Results: In separate multivariable models, VI (HR 1.511, 95% CI [1.335-1.709], p < 0.0001) and SPPB < 9 (HR 1.442, 95% CI [1.210-1.717], p < 0.0001) each predicted mortality. When including both poor mobility and vision variables as main effects, both poor mobility and impaired vision remained significant predictors of mortality in all models (all p < 0.001). When adding poor mobility (as a main effect and interaction with VI) and using unimpaired vision and mobility as the reference, those with only VI (HR 1.467, 95% CI [1.287-1.672], p < 0.0001) or only poor mobility (HR 1.380, 95% CI [0.963-1.979], p = 0.0792) had similar HRs, while those with both VI and poor mobility had an increased mortality risk (HR 2.035, 95% CI [1.643-2.522], p < 0.0001), but the interaction was not significant (p = 0.981).

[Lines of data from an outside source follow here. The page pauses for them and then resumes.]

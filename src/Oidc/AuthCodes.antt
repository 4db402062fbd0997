-- ===== src/Oidc/AuthCodes.antt =====
-- libraries/dbal/production/src/oidc/tokens/auth_code_store.cpp, auth_code_store.hpp: authorization
-- codes. `now` and `later` are the two readings of the clock.
pub mod Single
use dbal.Prelude.{
  ℕ, ◌+◌, String, Bool, Option, none, some, List, [], ◌∷◌, leb, not, str_eq, has_value,
  if◌then◌else◌,
}
use dbal.Result.{Result, ok, err, Error, not_found, validation_error}
use dbal.Oidc.Client.{Client, Schema}

pub record AuthorizationCode : Type 0 where
  pub id : String
  pub code_hash : String
  pub client_id : String
  pub user_id : String
  pub tenant_id : String
  pub redirect_uri : String
  pub code_challenge : String
  pub code_challenge_method : String
  pub scope : String
  pub nonce : Option String
  pub expires_at : ℕ
  pub consumed_at : Option ℕ
  pub created_at : ℕ

abbrev pub code_schema : Schema AuthorizationCode
code_schema = record {
  id = λ r. r.id;
  field = λ f r. if str_eq f "codeHash" then r.code_hash else "";
  assign = λ f t r. if str_eq f "consumedAt" then record r { consumed_at = some t } else r;
  with_id = λ id r. record r { id = id };
}

pub record AuthorizationCodeRequest : Type 0 where
  pub client_id : String
  pub user_id : String
  pub tenant_id : String
  pub redirect_uri : String
  pub code_challenge : String
  pub code_challenge_method : String
  pub scope : String
  pub nonce : Option String

pub record RedeemedCode : Type 0 where
  pub client_id : String
  pub user_id : String
  pub tenant_id : String
  pub redirect_uri : String
  pub code_challenge : String
  pub code_challenge_method : String
  pub scope : String
  pub nonce : Option String

abbrev pub is_consumed : AuthorizationCode → Bool
is_consumed r = has_value r.consumed_at

-- The row of a new code; its id is left to the database.
unfoldable pub code_row : String → AuthorizationCodeRequest → ℕ → ℕ → ℕ → AuthorizationCode
code_row hash req ttl now later = record {
  id = "";
  code_hash = hash;
  client_id = req.client_id;
  user_id = req.user_id;
  tenant_id = req.tenant_id;
  redirect_uri = req.redirect_uri;
  code_challenge = req.code_challenge;
  code_challenge_method = req.code_challenge_method;
  scope = req.scope;
  nonce = req.nonce;
  expires_at = now + ttl;
  consumed_at = none;
  created_at = later;
}

unfoldable pub redeemed_of : AuthorizationCode → RedeemedCode
redeemed_of r = record {
  client_id = r.client_id;
  user_id = r.user_id;
  tenant_id = r.tenant_id;
  redirect_uri = r.redirect_uri;
  code_challenge = r.code_challenge;
  code_challenge_method = r.code_challenge_method;
  scope = r.scope;
  nonce = r.nonce;
}

abbrev pub already_used : Error
already_used = validation_error "invalid_grant: authorization code already used"

-- `sha256` is the hash of security/crypto/sha256.hpp.
module _ (c : Client AuthorizationCode) (sha256 : String → String) where
  open c use {State, list_entities, create_entity, update_entity}

  -- What an issue returns for the code that `generate_token` gave.
  abbrev pub issued_code : String → Result AuthorizationCode × State → Result String × State
  issued_code raw (ok row, s) = (ok raw, s)
  issued_code raw (err e, s) = (err e, s)

  unfoldable pub issue_code :
      String → AuthorizationCodeRequest → ℕ → ℕ → ℕ → State → Result String × State
  unfolding code_row
  issue_code raw req ttl now later s =
      issued_code raw (create_entity (code_row (sha256 raw) req ttl now later) s)

  -- What a redemption returns after the update that marks the code as consumed.
  abbrev pub redeemed :
      AuthorizationCode → Result AuthorizationCode × State → Result RedeemedCode × State
  redeemed row (ok x, s) = (ok (redeemed_of row), s)
  redeemed row (err e, s) = (err e, s)

  unfoldable pub redeem_row :
      String → ℕ → ℕ → AuthorizationCode → State → Result RedeemedCode × State
  unfolding redeemed_of
  redeem_row client now later row s =
      if not (str_eq row.client_id client)
      then (err (validation_error "invalid_grant: client_id mismatch"), s)
      else if is_consumed row
      then (err already_used, s)
      else if leb row.expires_at now
      then (err (validation_error "invalid_grant: authorization code expired"), s)
      else redeemed row (update_entity row.id "consumedAt" later s)

  abbrev pub redeem_first :
      String → ℕ → ℕ → List AuthorizationCode → State → Result RedeemedCode × State
  redeem_first client now later [] s =
      (err (not_found "invalid_grant: authorization code not found"), s)
  redeem_first client now later (row ∷ rows) s = redeem_row client now later row s

  unfoldable pub redeem : String → String → ℕ → ℕ → State → Result RedeemedCode × State
  unfolding redeem_row
  redeem raw client now later s = elim (list_entities "codeHash" (sha256 raw) 1 s) [
    | ok rows ↦ redeem_first client now later rows s
    | err e ↦ (err e, s)
  ]
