-- ===== src/Oidc/Client/Rows.antt =====
-- libraries/dbal/production/src/oidc/tokens: the rows that a list finds before and after an update.
use dbal.Prelude.{
  ◌++◌, ℕ, zero, suc, ◌≡◌, refl, ap, Bool, true, List, [], ◌∷◌, map, arith, length, take, Member,
  inl, inr, Bool-cases,
}
use dbal.Listing.{filter_list}

module _ {A : Type 0} where
  pub filter-map :
      (p : A → Bool) (f : A → A) (xs : List A)
      → ((x : A) → p (f x) ≡ p x)
      → filter_list p (map f xs) ≡ map f (filter_list p xs)
  unfolding filter_list
  filter-map p f [] h = refl
  filter-map p f (x ∷ xs) h = elim (Bool-cases (p x)) [
    | inl e ↦ rw (h x) (rw e (ap (λ (ys : List A). f x ∷ ys) (filter-map p f xs h)))
    | inr e ↦ rw (h x) (rw e (filter-map p f xs h))
  ]

  pub length-map : (f : A → A) (xs : List A) → length (map f xs) ≡ length xs
  length-map f [] = refl
  length-map f (x ∷ xs) = omega (arith, length-map f xs)

  pub Member-map :
      (f : A → A) (y : A) (xs : List A) → Member y (map f xs) → (x : A) × Member x xs × (y ≡ f x)
  Member-map f y [] h = absurd h
  Member-map f y (x ∷ xs) (inl e) = (x, inl refl, e)
  Member-map f y (x ∷ xs) (inr m) = let (z, mz, e) = Member-map f y xs m in (z, inr mz, e)

  pub take-map : (n : ℕ) (f : A → A) (xs : List A) → take n (map f xs) ≡ map f (take n xs)
  take-map zero f xs = refl
  take-map (suc n) f [] = refl
  take-map (suc n) f (x ∷ xs) = ap (λ (ys : List A). f x ∷ ys) (take-map n f xs)

  pub map_fuse : (f g : A → A) (xs : List A) → map f (map g xs) ≡ map (λ x. f (g x)) xs
  map_fuse f g [] = refl
  map_fuse f g (x ∷ xs) = ap (λ (ys : List A). f (g x) ∷ ys) (map_fuse f g xs)

  pub map_same : (f : A → A) (xs : List A) → ((x : A) → f x ≡ x) → map f xs ≡ xs
  map_same f [] h = refl
  map_same f (x ∷ xs) h = rw (h x) (ap (λ (ys : List A). x ∷ ys) (map_same f xs h))

  pub map_agree : (f g : A → A) (xs : List A) → ((x : A) → f x ≡ g x) → map f xs ≡ map g xs
  map_agree f g [] h = refl
  map_agree f g (x ∷ xs) h = rw (h x) (ap (λ (ys : List A). g x ∷ ys) (map_agree f g xs h))

  -- A row that was added, where no other one passes the filter.
  pub filter-append_one :
      (p : A → Bool) (xs : List A) (x : A)
      → filter_list p xs ≡ []
      → p x ≡ true
      → filter_list p (xs ++ x ∷ []) ≡ x ∷ []
  unfolding filter_list
  filter-append_one p [] x none_pass h = rw h refl
  filter-append_one p (y ∷ xs) x none_pass h = elim (Bool-cases (p y)) [
    | inl e ↦ absurd (ground arith)
    | inr e ↦ rw e (filter-append_one p xs x (rw e at none_pass) h)
  ]

  pub Member-append_one : (xs : List A) (x : A) → Member x (xs ++ x ∷ [])
  Member-append_one [] x = inl refl
  Member-append_one (y ∷ xs) x = inr (Member-append_one xs x)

Conclusions: Older adults with both VI and poor mobility are at an additive increased risk of mortality. Future interventions may want to target older adults with both VI and poor mobility to improve survival.

视力障碍、活动能力差与死亡率的关系。
背景:老年人视力障碍(VI)有较高的死亡风险,但其原因尚不清楚。我们已经表明,患有VI的老年人更有可能在短物理性能电池(SPPB)上具有较差的活动性能。在这项分析中,我们研究了VI是否预测了10年内的死亡率,以及这是否与基线活动能力差有关(SPPB方法:我们分析了2457名老年人(平均年龄75.6(±2.8)岁,38.5%黑人,51.9%女性),他们在健康、衰老和身体成分研究的第3年就诊时完成了视力测试。死亡率的Cox比例风险模型在10年内进行了正确的审查,并根据人口统计学和临床合并症进行了调整。结果:在单独的多变量模型中,VI (HR 1.511, 95% CI [1.335-1.709], p)结论:同时伴有VI和活动能力差的老年人死亡风险增加。未来的干预措施可能会针对患有VI和活动能力差的老年人,以提高生存率。
本文章由计算机程序翻译,如有差异,请以英文原文为准。